### What you will do
Below are entries; output exactly the lines from the one with "world = ap (λ m. m.1) e;" to the one with "apply_claimed-Goes req s w (ok", both included, and nothing else.

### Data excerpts
/---
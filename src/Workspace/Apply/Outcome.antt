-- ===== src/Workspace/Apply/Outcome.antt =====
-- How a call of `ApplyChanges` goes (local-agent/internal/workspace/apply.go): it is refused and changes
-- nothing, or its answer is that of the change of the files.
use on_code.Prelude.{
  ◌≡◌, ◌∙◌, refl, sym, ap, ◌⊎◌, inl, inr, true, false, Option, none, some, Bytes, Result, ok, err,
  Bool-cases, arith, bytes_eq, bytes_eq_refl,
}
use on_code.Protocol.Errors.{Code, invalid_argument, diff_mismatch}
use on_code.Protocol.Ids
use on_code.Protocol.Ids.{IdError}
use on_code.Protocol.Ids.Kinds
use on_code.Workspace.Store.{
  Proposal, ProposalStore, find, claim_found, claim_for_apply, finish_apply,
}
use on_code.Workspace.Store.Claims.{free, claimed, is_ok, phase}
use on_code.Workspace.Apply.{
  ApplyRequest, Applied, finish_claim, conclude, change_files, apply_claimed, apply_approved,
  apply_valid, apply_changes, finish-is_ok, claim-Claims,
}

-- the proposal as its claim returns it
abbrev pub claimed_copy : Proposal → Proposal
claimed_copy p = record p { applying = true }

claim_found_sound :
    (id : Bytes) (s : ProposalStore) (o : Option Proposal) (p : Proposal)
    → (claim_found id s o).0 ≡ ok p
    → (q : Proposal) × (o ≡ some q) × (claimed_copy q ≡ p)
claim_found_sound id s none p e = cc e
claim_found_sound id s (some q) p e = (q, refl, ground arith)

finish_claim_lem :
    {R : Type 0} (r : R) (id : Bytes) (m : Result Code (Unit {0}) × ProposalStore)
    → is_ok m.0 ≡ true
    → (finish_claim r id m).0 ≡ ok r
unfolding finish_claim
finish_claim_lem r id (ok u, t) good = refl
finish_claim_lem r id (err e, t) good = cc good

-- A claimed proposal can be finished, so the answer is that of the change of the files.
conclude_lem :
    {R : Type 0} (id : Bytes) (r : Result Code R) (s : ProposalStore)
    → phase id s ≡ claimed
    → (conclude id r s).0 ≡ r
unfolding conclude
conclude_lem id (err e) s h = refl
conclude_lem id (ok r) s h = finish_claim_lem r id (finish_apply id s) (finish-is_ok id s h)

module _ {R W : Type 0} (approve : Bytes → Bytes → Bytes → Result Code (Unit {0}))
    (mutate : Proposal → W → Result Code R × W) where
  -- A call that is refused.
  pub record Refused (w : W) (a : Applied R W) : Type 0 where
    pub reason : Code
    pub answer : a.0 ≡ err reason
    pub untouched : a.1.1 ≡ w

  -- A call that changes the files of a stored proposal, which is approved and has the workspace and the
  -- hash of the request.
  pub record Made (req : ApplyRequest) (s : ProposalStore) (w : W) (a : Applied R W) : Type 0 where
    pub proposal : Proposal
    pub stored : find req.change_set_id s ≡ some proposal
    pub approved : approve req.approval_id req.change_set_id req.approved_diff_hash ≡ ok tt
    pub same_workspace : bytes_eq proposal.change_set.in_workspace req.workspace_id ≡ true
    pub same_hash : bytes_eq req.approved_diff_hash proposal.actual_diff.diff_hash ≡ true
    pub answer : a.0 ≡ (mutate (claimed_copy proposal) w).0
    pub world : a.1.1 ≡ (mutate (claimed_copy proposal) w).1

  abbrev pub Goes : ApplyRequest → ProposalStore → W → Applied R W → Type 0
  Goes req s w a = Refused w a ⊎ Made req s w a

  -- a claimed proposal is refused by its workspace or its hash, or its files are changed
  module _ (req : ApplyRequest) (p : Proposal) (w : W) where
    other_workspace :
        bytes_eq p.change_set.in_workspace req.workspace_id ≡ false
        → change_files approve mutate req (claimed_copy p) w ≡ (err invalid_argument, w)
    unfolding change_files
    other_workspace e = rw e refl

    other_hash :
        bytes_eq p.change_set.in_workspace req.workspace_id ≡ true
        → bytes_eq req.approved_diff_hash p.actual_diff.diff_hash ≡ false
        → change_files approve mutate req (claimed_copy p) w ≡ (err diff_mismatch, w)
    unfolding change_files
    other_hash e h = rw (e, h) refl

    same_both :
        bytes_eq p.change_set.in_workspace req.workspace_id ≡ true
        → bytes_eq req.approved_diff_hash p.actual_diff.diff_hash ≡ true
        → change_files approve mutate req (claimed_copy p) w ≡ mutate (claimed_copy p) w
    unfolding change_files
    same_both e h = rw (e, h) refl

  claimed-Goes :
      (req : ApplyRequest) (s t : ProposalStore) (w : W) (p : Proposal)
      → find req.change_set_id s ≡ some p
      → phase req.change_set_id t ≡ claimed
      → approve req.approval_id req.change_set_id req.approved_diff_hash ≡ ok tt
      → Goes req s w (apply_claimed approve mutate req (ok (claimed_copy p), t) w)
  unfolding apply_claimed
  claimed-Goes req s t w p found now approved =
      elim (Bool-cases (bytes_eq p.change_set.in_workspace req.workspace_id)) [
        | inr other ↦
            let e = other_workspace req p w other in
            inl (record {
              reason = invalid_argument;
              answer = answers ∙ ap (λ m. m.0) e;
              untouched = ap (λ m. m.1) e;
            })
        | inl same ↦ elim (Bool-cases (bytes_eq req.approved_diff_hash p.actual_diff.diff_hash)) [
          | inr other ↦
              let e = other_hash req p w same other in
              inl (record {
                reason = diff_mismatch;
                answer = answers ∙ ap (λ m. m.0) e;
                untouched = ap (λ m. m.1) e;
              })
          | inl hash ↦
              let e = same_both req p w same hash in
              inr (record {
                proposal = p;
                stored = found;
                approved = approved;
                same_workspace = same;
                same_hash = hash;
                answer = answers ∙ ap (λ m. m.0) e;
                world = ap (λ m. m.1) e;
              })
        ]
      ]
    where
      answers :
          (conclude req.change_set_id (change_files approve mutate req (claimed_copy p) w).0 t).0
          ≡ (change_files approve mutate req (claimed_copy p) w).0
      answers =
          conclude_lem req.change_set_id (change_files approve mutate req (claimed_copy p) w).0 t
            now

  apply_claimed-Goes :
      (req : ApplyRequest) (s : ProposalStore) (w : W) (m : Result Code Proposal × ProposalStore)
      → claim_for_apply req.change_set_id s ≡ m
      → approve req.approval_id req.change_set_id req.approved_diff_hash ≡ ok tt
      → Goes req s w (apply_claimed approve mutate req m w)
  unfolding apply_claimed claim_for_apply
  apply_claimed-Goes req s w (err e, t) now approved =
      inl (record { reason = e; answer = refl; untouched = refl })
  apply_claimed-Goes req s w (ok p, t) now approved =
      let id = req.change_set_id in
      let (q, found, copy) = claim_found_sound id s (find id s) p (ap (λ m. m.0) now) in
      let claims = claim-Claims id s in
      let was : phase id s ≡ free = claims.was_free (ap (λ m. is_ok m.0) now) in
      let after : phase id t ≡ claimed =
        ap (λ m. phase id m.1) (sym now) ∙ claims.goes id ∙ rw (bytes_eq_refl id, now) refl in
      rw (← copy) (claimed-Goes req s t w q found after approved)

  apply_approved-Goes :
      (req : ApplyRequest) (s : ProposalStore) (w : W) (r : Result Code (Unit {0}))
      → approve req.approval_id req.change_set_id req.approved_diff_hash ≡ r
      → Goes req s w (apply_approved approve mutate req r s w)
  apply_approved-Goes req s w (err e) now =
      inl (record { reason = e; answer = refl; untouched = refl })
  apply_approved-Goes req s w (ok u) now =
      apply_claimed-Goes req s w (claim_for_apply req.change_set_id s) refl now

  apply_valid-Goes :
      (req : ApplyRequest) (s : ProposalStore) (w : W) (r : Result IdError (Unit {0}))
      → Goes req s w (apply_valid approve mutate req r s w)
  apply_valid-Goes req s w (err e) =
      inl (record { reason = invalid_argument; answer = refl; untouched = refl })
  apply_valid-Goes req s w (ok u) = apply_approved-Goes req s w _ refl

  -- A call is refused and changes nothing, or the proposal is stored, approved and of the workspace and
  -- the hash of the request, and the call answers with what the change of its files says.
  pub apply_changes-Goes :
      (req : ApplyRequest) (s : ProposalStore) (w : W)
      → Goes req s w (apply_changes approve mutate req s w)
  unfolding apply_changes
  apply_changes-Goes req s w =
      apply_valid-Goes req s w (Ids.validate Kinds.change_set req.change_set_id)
\---
### Exercise solution
                world = ap (λ m. m.1) e;
              })
        ]
      ]
    where
      answers :
          (conclude req.change_set_id (change_files approve mutate req (claimed_copy p) w).0 t).0
          ≡ (change_files approve mutate req (claimed_copy p) w).0
      answers =
          conclude_lem req.change_set_id (change_files approve mutate req (claimed_copy p) w).0 t
            now

  apply_claimed-Goes :
      (req : ApplyRequest) (s : ProposalStore) (w : W) (m : Result Code Proposal × ProposalStore)
      → claim_for_apply req.change_set_id s ≡ m
      → approve req.approval_id req.change_set_id req.approved_diff_hash ≡ ok tt
      → Goes req s w (apply_claimed approve mutate req m w)
  unfolding apply_claimed claim_for_apply
  apply_claimed-Goes req s w (err e, t) now approved =
      inl (record { reason = e; answer = refl; untouched = refl })
  apply_claimed-Goes req s w (ok p, t) now approved =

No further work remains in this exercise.